▶ WHAT YOU SHOULD DO: Look through the lines below and copy each one that includes "elim".

▶ EXERCISE INPUT:
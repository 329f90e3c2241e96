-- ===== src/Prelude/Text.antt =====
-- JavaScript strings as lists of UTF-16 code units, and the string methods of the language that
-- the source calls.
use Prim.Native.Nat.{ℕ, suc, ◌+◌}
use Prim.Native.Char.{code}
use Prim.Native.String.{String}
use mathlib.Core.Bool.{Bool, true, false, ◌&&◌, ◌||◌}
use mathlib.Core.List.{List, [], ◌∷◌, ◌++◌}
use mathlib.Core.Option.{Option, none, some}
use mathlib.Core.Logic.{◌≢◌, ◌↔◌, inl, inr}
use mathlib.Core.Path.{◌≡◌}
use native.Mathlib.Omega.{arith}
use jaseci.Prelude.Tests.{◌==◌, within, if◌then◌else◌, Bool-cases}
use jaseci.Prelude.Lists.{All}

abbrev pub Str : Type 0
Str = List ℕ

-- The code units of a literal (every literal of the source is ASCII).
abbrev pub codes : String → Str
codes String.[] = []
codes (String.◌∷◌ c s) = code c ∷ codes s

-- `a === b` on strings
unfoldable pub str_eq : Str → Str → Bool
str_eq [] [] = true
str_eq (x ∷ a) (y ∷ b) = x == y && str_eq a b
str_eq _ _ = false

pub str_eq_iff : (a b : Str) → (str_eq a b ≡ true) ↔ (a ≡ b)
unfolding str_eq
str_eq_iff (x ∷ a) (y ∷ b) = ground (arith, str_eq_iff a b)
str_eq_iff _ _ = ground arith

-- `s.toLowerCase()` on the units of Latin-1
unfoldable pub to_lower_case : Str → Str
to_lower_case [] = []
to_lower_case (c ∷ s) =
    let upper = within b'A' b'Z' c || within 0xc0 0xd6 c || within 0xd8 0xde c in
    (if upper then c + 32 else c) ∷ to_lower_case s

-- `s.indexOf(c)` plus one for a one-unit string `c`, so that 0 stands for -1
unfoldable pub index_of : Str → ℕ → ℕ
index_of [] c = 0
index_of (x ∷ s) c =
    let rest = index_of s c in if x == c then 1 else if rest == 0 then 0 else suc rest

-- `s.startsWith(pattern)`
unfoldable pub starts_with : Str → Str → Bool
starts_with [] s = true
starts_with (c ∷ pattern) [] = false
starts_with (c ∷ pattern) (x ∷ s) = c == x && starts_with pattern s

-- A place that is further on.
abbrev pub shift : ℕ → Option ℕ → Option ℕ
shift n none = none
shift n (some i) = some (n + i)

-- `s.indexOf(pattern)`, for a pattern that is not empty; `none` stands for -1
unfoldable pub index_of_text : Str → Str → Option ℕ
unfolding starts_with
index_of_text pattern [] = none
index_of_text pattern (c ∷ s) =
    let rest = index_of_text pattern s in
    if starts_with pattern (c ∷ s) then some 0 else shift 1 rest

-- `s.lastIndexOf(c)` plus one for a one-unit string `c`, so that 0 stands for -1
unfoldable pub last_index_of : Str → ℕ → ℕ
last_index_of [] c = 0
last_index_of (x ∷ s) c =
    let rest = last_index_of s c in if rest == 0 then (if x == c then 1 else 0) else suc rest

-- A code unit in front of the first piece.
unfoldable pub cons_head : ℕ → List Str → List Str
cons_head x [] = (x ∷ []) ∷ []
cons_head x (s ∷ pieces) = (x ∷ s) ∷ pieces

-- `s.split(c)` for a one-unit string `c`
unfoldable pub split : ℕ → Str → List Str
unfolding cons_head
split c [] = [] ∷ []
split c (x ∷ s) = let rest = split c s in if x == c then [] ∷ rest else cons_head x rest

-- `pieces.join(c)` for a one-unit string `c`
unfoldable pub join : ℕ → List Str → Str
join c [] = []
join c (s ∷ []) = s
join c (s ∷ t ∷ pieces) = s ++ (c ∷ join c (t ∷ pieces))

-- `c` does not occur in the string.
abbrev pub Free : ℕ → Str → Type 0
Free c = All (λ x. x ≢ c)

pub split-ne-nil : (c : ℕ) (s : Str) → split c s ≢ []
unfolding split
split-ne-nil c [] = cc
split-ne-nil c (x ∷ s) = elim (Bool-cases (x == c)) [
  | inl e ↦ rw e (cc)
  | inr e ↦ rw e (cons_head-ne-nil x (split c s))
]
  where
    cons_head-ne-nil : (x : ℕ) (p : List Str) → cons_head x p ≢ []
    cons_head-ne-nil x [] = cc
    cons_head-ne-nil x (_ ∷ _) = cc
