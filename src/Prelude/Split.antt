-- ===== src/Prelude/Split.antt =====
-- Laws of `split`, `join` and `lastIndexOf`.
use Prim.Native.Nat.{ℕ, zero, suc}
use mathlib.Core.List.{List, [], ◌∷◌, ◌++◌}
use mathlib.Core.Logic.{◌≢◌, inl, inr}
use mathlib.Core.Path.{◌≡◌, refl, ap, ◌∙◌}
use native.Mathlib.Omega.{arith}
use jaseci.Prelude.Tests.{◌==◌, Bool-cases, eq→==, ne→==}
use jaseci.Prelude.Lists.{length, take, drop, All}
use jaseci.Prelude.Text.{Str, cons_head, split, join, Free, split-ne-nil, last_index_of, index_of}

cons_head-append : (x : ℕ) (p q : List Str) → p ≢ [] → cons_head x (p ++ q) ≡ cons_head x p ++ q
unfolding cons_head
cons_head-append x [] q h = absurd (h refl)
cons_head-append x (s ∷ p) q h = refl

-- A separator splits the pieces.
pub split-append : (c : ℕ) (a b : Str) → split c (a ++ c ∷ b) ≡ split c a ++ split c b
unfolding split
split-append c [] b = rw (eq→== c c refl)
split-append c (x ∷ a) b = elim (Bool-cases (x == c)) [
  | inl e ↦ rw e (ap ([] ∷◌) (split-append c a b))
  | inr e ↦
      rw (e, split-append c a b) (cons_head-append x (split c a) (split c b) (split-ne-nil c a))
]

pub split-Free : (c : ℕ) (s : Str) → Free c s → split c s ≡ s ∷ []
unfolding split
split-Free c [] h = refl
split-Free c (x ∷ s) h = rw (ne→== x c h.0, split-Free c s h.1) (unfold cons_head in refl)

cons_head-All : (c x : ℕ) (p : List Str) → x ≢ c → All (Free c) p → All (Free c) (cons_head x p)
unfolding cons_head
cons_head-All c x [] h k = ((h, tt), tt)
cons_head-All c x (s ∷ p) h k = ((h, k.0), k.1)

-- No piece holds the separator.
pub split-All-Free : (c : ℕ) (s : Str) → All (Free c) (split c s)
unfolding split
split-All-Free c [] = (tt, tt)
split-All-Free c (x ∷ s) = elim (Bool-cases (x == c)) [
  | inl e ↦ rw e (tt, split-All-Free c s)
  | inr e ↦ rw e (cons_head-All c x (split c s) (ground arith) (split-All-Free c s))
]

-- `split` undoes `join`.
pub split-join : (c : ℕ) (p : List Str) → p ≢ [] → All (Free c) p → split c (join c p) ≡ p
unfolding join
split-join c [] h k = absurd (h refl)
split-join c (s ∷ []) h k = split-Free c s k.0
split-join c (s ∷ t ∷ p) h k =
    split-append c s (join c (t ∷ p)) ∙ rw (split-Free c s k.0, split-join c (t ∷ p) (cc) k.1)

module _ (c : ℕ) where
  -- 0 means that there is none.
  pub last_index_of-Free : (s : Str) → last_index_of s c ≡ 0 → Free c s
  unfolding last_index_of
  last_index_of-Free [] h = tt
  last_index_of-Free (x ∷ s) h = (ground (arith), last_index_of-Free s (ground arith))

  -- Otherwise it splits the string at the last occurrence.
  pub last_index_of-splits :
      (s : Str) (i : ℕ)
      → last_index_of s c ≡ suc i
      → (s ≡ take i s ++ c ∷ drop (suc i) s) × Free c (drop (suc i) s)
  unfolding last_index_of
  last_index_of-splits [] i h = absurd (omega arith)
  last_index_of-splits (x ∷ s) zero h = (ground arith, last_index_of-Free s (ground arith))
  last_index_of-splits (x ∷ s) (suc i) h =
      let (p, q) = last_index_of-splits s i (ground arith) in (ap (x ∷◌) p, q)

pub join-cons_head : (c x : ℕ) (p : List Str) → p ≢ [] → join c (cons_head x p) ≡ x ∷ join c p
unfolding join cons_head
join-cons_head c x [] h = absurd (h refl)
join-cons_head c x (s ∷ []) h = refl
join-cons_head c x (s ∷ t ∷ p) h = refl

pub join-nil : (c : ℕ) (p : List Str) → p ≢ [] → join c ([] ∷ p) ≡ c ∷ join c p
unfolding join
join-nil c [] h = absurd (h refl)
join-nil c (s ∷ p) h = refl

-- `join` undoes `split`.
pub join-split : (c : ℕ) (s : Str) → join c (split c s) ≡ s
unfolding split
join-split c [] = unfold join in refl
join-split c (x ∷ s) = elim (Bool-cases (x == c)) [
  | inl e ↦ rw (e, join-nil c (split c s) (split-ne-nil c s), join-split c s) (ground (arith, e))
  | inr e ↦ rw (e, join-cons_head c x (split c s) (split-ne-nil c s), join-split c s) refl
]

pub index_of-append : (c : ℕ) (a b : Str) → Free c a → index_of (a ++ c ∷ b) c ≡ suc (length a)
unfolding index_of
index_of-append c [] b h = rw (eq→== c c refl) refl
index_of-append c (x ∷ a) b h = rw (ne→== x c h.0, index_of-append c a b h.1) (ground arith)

▶ WRITTEN ANSWER:
split-ne-nil c (x ∷ s) = elim (Bool-cases (x == c)) [
split-append c (x ∷ a) b = elim (Bool-cases (x == c)) [
split-All-Free c (x ∷ s) = elim (Bool-cases (x == c)) [
join-split c (x ∷ s) = elim (Bool-cases (x == c)) [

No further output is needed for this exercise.